### GIVEN RECORDS

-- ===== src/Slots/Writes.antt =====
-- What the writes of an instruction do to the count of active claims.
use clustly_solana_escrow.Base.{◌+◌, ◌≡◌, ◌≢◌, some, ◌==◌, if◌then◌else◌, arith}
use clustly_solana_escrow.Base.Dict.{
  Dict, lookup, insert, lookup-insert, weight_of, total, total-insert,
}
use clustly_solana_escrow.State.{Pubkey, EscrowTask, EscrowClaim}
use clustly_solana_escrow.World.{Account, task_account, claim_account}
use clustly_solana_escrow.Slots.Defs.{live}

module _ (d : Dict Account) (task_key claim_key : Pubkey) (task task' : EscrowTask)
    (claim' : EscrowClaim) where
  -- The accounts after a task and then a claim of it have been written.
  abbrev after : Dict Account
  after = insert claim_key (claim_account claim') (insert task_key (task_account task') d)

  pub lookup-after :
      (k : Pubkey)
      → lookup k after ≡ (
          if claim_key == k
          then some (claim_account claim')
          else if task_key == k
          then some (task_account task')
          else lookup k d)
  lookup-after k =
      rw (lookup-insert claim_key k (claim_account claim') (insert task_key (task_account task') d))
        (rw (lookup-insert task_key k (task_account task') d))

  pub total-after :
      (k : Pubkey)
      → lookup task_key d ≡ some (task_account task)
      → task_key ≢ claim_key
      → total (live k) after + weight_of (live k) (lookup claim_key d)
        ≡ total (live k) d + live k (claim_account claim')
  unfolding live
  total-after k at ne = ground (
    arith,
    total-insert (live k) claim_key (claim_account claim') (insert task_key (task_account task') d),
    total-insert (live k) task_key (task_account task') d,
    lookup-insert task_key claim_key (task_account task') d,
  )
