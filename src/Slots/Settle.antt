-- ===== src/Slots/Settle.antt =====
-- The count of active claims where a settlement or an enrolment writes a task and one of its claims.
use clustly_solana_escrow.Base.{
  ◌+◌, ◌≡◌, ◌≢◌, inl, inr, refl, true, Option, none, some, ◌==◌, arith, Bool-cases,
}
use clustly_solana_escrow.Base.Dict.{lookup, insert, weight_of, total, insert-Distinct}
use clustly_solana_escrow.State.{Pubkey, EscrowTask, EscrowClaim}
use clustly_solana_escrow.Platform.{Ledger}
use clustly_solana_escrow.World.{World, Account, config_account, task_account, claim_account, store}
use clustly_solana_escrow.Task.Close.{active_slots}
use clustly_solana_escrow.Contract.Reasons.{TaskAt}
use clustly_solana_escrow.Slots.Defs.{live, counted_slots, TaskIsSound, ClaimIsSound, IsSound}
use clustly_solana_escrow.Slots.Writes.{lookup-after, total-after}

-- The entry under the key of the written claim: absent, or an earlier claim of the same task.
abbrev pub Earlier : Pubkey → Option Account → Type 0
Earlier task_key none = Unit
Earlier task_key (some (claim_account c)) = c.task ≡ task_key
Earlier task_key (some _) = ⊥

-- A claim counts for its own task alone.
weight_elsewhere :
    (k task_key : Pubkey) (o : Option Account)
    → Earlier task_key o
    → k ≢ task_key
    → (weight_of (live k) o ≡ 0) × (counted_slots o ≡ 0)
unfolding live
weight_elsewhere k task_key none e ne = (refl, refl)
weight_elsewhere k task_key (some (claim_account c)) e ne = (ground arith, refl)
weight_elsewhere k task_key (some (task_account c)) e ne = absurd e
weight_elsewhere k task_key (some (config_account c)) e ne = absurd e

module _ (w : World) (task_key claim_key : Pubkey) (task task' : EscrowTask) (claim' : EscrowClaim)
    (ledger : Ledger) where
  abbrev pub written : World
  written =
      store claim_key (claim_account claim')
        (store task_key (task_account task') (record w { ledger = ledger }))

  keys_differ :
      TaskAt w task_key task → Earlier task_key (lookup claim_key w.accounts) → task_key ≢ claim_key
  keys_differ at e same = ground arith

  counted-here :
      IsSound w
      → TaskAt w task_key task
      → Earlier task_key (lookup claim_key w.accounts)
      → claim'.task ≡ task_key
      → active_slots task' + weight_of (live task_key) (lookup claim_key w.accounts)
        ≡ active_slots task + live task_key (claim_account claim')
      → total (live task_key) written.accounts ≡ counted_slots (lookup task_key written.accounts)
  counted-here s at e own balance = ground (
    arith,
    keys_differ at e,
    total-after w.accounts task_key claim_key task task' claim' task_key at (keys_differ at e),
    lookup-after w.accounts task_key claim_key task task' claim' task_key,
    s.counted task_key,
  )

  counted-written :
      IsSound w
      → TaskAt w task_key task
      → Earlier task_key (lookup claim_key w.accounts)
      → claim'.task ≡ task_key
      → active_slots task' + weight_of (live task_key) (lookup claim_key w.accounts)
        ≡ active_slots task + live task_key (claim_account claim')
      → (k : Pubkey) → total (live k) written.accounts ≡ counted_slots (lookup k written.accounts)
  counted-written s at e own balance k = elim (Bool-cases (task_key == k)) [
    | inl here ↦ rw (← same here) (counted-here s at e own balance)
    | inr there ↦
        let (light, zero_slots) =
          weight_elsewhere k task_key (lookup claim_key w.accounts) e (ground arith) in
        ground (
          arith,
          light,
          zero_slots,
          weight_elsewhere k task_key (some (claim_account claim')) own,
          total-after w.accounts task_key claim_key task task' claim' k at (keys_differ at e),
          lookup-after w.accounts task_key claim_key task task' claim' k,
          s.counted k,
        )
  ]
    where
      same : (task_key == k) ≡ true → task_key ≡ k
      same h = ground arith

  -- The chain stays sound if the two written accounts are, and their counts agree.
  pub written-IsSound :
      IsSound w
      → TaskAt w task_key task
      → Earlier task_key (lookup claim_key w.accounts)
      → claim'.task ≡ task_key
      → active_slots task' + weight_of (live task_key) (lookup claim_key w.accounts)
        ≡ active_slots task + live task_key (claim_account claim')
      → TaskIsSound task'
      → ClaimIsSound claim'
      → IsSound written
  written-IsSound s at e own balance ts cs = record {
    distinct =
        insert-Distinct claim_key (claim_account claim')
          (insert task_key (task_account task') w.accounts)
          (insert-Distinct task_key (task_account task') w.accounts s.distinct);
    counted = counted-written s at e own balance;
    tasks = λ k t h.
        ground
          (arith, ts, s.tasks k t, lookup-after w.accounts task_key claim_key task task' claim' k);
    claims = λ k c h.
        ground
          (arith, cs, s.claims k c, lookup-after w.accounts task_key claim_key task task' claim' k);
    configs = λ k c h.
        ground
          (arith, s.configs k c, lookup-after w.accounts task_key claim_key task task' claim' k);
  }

######

### GOAL OF THE EXERCISE
Give the number of lines in the entries above that include the string "abbrev". No other output is expected.

### WRITTEN REPLY
3